Cohesion and Coupling
November 27, 2021
Measuring Coupling and Cohesion of TypeScript code bases
Earlier this month I was exploring creating dependency graphs of github repositories. The one thing lacking from that exploration was having something actionable come out of the graph. How can you tell, especially for very large, complicated repositories, whether the graph is well-organized, or a tightly coupled mess?
Cohesion
Cohesion can be thought of as how well components in a single module fit together. In the following image, the visualization on the right has higher cohesion than the left. But how do you measure it? It’s easy to compare the cohesion of these very two simple modules, but more realistic graphs, especially on large code bases, are much more difficult to look at and determine whether the cohesion of any given module is “good” or “bad”.
Coupling
Coupling is how tightly connected components in separate modules are. In the following image, the visualization on the left has tighter coupling than the right. However, how do you measure it and determine whether it’s level of coupling is “good” or “bad”? Any software engineer could look at the image on the left and tell you it was a terribly organized code base, but it’s an extreme. Similar to the above, when looking at more real-world code bases, how does one whether their organization is good, or bad, and what could be done to improve it? We don’t want 0 coupling it would make refactoring common code impossible.
Organization score
I’ve been exploring ways to programmtically measure these attributes and come up with actionable recommendations to improve the organization. Which nodes have low cohesion and high coupling, such that moving them to another module would improve cohesion and decrease coupling? For example, given the following, extremely simple made up organization, where A
and B
are folders, 1
and 2
are files, and the lines indicate the dependencies between them, could a program recommend changing the grouping?

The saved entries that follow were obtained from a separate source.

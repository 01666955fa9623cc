-- ===== src/Client/Answer.antt =====
-- How sophos_client.py classifies what a request brought back: the checks of `_post`, `_is_success`,
-- `_confirm` and the search for one record in an answer.
pub mod Laws
use ha_sophos_fw.Prelude.{
  ℕ, zero, suc, ◌+◌, ◌-◌, ◌*◌, ◌/◌, ◌%◌, ◌≤◌, ◌<◌, String, ◌≡◌, refl, sym, ap, ◌∙◌, ◌≢◌, ◌↔◌, ◌⊎◌,
  inl, inr, Bool, true, false, not, ◌&&◌, ◌||◌, Option, none, some, List, [], ◌∷◌, ◌++◌, map, arith,
  ◌==◌, eq_iff, eq_refl, ltb, leb, eqb, if◌then◌else◌, leb→le, ltb→lt, eqb_iff, Bool-cases,
  Option-cases, or_else, is_some, get_or, ne→false, length, is_nil, keep_if, any_of, all_of,
  first_where, All, contains, Distinct,
}
use ha_sophos_fw.Text.{length as text_length, starts_with, lower, strip, is_digit, has_part}
use ha_sophos_fw.Xml.{Element, text, tag, find, find_path, iter, attribute, is_status_only}
use ha_sophos_fw.Client.Errors.{
  SophosError, connection_error, auth_error, api_error, not_found_error, access_error, write_error,
  Result, ok, err, ◌>>=◌, ◌>>◌, require,
}

-- What aiohttp and the XML parser give: the total timeout expired, another client error, or an HTTP
-- status with the parsed body (none for a body that is no XML).
pub data Outcome : Type 0 where
  timed_out client_error : Outcome
  answered : ℕ → Option Element → Outcome

parsed : Option Element → Result Element
parsed none = err api_error
parsed (some root) = ok root

check_http : Outcome → Result Element
unfolding parsed
check_http timed_out = err connection_error
check_http client_error = err connection_error
check_http (answered status body) =
    if eqb status 403
    then err (access_error (some "403"))
    else if eqb status 200 || eqb status 201
    then parsed body
    else err api_error

-- The text of <Login><status>.
unfoldable pub check_login : Option Element → Result (Unit {0})
check_login none = ok tt
check_login (some e) =
    let said = lower (get_or (text e) "") in
    require (not (has_part "fail" said || has_part "invalid" said)) auth_error

abbrev pub response_ok_codes : List String
response_ok_codes = "200" ∷ "201" ∷ "202" ∷ "" ∷ []

-- The code of a <Status> directly below the answer.
check_code : String → Result (Unit {0})
check_code code =
    if code == "532" || code == "534"
    then err (access_error (some code))
    else if code == "535"
    then err auth_error
    else require (contains response_ok_codes code) api_error

check_status : Option Element → Result (Unit {0})
unfolding check_code
check_status none = ok tt
check_status (some e) = check_code (attribute "code" e)

abbrev pub login_path : List String
login_path = "Login" ∷ "status" ∷ []

-- `_post` behind the HTTP exchange.
unfoldable pub check_answer : Outcome → Result Element
unfolding check_http check_login check_status
check_answer o = do
  root ← check_http o
  check_login (find_path login_path root)
  check_status (find "Status" root)
  ok root

-- `_is_success`
unfoldable pub is_success : String → Bool
is_success code = eqb (text_length code) 3 && is_digit code && starts_with code "2"

first_path : List (List String) → Element → Option Element
first_path [] root = none
first_path (p ∷ ps) root = or_else (find_path p root) (first_path ps root)

check_confirmed : Option Element → Result (Unit {0})
check_confirmed none = err api_error
check_confirmed (some e) =
    let code = attribute "code" e in require (is_success code) (write_error (some code))

-- `_confirm`
unfoldable pub confirm : Element → List (List String) → Result (Unit {0})
unfolding first_path check_confirmed
confirm root paths = check_confirmed (first_path paths root)

-- `(elem.findtext("Name") or "").strip()`
name_text : Option Element → String
name_text none = ""
name_text (some e) = strip (get_or (text e) "")

unfoldable pub record_name : Element → String
unfolding name_text
record_name e = name_text (find "Name" e)

coded : Option Element → Option Element → Option Element
coded none error = error
coded (some status) error = if attribute "code" status == "" then error else some status

not_there : Option Element → SophosError
not_there none = not_found_error
not_there (some status) = api_error

-- The loop of `_get_record_element`; `error` is the last status with a code so far.
unfoldable pub find_record : String → List Element → Option Element → Result Element
unfolding coded not_there
find_record name [] error = err (not_there error)
find_record name (e ∷ es) error =
    let rest =
      find_record name es (if is_status_only e then coded (find "Status" e) error else error) in
    if is_status_only e then rest else if record_name e == name then ok e else rest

After some modifications to the original algorithm, in order to promote balance, it works!
The following formula is used to calculate the orgScore:
orgScore = interDependencyCount - max(intraDependencyCount(parentFolder)).
max(intraDependencyCount(parentFolder))
means it takes the dependency weights from each node that comes from a separate parent and takes the max of it. Inter-dependency count is how many internal connections is has to it’s siblings.
This means the node has a stronger connection with the nodes of another parent rather than itself.
If we have A/1
-> A/2
, A/1
-> B/3
, A/1
-> B/4
, then the orgScore would be 1 - max([B, 2])
= 1 - 2
= -2
.
If the org score is negative, than a recommendation is suggested. Once all the recommendations are given, they are applied, and recalculated after each application. If a move is made, the actual recommendation may be different from the initial list of recommendations.
For example, with the example above the Nodes have the following org scores:
Source Node | Org Score |
---|---|
A/1 | -1 |
A/3 | -1 |
B/2 | -1 |
B/4 | -1 |
And the following list of initial move recommendations:
Node | New Parent |
---|---|
A/1 | B |
A/3 | B |
B/2 | A |
B/4 | A |
If we made that entire list of recommendations in a row, we’d be right back where we started! When we apply them and recalculate, making sure to apply one parent node at a time, in order to promote balance, the final moves made are:
Node | New Parent |
---|---|
A/1.ts | B |
B/4.ts | A |
You can replicate these findings ourself by running the tsDependencyGrapher with the following config.json:
{
"repos": [
{
"full_name": "stacey-gammon/ts_dependency_grapher",
"tsconfig": "./examples/simple_bad/tsconfig.json",
"source": "file",
"outputName": "simple_bad",
"refresh": true
}
],
"outputFolder": ".",
"excludeFilePaths" : ["_test_", ".test.ts"],
"nodeColorWeight": "OrgScore",
"nodeSizeWeight": "PublicAPICount",
"zooms": [4],
}
Add a bit more complexity
Let’s now expand this to two new example code organizations:
Using red colors to indicate nodes with larger negative org scores, and blue colors to indicate nodes with larger positive org scores, the graphs are representative of the numbers in a visual manner:
Running the logic on them, the nicely organized graph comes up with no recommendations, while the poorly organized one ends up as:
Unfortunately, this isn’t as balanced as I would have liked, so that part of the algorithm could use some modification.
Follow-ups
Improving the balancing
One problem with this algorithm is that it optimizes one giant module. If every node is in a single folder, the org score would be very high because it would have no intra-dependencies and many inter-dependencies.
It doesn’t make any recommendations to split one large folder into two.
Accounting for common code
Another issue with te algorithm is common utilities and types. They may have few connections to other functionality in a folder, and strong connections to many other modules. The algorithm would pick one that has the strongest connection and put it in there but that is not how engineers usually organize common utilities and types. These are usually more discoverable if they are in a separate folder.